__Try it__
Please restate, word for word, each line from the one containing "explored fuel s (explore-Found" through the end of the entries below.

Dataset items:
Start of Block
-- ===== src/Hnsw/Layer/Result.antt =====
-- What searchLayer returns, and that it does.
use hybrid_vector_cache_hnsw.Common.{
  ℕ, zero, suc, ◌+◌, ◌≤◌, ◌<◌, ◌≡◌, refl, Option, none, some, List, [], ◌∷◌, arith, if◌then◌else◌,
  length, get_elem?,
}
use hybrid_vector_cache_hnsw.Common.Run.{ok, ◌>>=◌, Returns, Returns-bind, Returns-if}
use hybrid_vector_cache_hnsw.Similarity.{Float, float_less}
use hybrid_vector_cache_hnsw.Heap.{pop}
use hybrid_vector_cache_hnsw.Heap.Items.{All, Popped, Popped-pop}
use hybrid_vector_cache_hnsw.Heap.Keeps.{PopsOne, pop-PopsOne}
use hybrid_vector_cache_hnsw.Hnsw.{Node, Item, get_links, min_less}
use hybrid_vector_cache_hnsw.Hnsw.Layer.{
  Frontier, start, peek, enter, expand, explore, search_layer,
}
use hybrid_vector_cache_hnsw.Hnsw.Layer.Visited.{unvisited-le}
use hybrid_vector_cache_hnsw.Hnsw.Layer.Found.{
  IsFound, IsSound, waiting, Keeps, enter-Keeps, expand-Keeps,
}

peek-Returns : (h : List Item) → 0 < length h → Returns (λ x. Unit {0}) (peek h)
peek-Returns [] p = absurd (omega arith)
peek-Returns (x ∷ h) p = tt

module _ (f : Float) (nodes : List Node) (query : List ℕ) (layer : ℕ) (P : ℕ → Type 0)
    (long : (i : ℕ) (n : Node) → get_elem? nodes i ≡ some n → length query ≤ length n.vector)
    (closed : (i : ℕ) (n : Node) → get_elem? nodes i ≡ some n → P i → All P (get_links n layer))
    (ef : ℕ) (pos : 0 < ef) where
  abbrev Found : List Item → Type 0
  Found h = All (IsFound f nodes query P) h

  abbrev Sound : Frontier → Type 0
  Sound = IsSound f nodes query P

  abbrev left_of : Frontier → ℕ
  left_of = waiting f nodes query P

  explored :
      (fuel : ℕ) (s : Frontier)
      → ((t : Frontier)
          → left_of t < fuel
          → Sound t
          → Returns Found (explore f nodes query fuel ef layer t))
      → left_of s < suc fuel
      → Sound s
      → (o : Option (Item × List Item)) → Popped (IsFound f nodes query P) o
      → PopsOne min_less s.candidates o
      → Returns Found (elim o [
        | none ↦ ok s.found
        | some (c, others) ↦ peek s.found >>= λ far.
            if float_less far.dist c.dist
            then ok s.found
            else expand f nodes query ef layer
                (get_elem? nodes c.id)
                (record s { candidates = others })
              >>= explore f nodes query fuel ef layer
      ])
  explored fuel s rec b v none a e = v.found
  explored fuel s rec b v (some (c, others)) a e =
      let t = record s { candidates = others } in
      let some_found : 0 < length s.found = v.some_found (omega (arith, e)) in
      let popped : Sound t = record {
        candidates = a.1;
        found = v.found;
        some_found = λ h. some_found;
      } in
      let next = expand f nodes query ef layer (get_elem? nodes c.id) t in
      Returns-bind (λ far. Unit {0}) Found (peek s.found)
        (λ far.
          if float_less far.dist c.dist
          then ok s.found
          else next >>= explore f nodes query fuel ef layer)
        (peek-Returns s.found some_found)
        (λ far _.
          Returns-if Found (float_less far.dist c.dist) (ok s.found)
            (next >>= explore f nodes query fuel ef layer) (λ far_off. v.found)
            (λ near.
              Returns-bind (Keeps f nodes query P t) Found next
                (explore f nodes query fuel ef layer)
                (expand-Keeps f nodes query layer P long closed ef pos c.id (get_elem? nodes c.id) t
                  refl a.0.1 popped some_found)
                (λ u k. rec u (omega (arith, k.rounds, b, e)) k.sound)))

  explore-Found :
      (fuel : ℕ) (s : Frontier)
      → left_of s < fuel
      → Sound s
      → Returns Found (explore f nodes query fuel ef layer s)
  unfolding explore
  explore-Found zero s b v = absurd (omega arith)
  explore-Found (suc fuel) s b v =
      explored fuel s (explore-Found fuel) b v (pop min_less s.candidates)
        (Popped-pop (IsFound f nodes query P) min_less s.candidates v.candidates)
        (pop-PopsOne min_less s.candidates)

  -- searchLayer returns, on a graph whose vectors are long enough, from entry points in P, which the
  -- links of the layer do not leave: every item that it found is a node in P, with its distance.
  pub search_layer-Found :
      (entries : List ℕ)
      → All P entries
      → Returns Found (search_layer f nodes query entries ef layer)
  unfolding search_layer
  search_layer-Found entries p =
      Returns-bind (Keeps f nodes query P start) Found (enter f nodes query entries start)
        (explore f nodes query (length nodes + 1) ef layer)
        (enter-Keeps f nodes query layer P long closed entries start p
          (record { candidates = tt; found = tt; some_found = λ h. h }))
        (λ s k.
          explore-Found (length nodes + 1) s
            (omega (arith, k.rounds, unvisited-le (length nodes) [])) k.sound)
End of Block
__Answer area__
      explored fuel s (explore-Found fuel) b v (pop min_less s.candidates)
        (Popped-pop (IsFound f nodes query P) min_less s.candidates v.candidates)
        (pop-PopsOne min_less s.candidates)

  -- searchLayer returns, on a graph whose vectors are long enough, from entry points in P, which the
  -- links of the layer do not leave: every item that it found is a node in P, with its distance.
  pub search_layer-Found :
      (entries : List ℕ)
      → All P entries
      → Returns Found (search_layer f nodes query entries ef layer)
  unfolding search_layer
  search_layer-Found entries p =
      Returns-bind (Keeps f nodes query P start) Found (enter f nodes query entries start)
        (explore f nodes query (length nodes + 1) ef layer)
        (enter-Keeps f nodes query layer P long closed entries start p
          (record { candidates = tt; found = tt; some_found = λ h. h }))
        (λ s k.
          explore-Found (length nodes + 1) s
            (omega (arith, k.rounds, unvisited-le (length nodes) [])) k.sound)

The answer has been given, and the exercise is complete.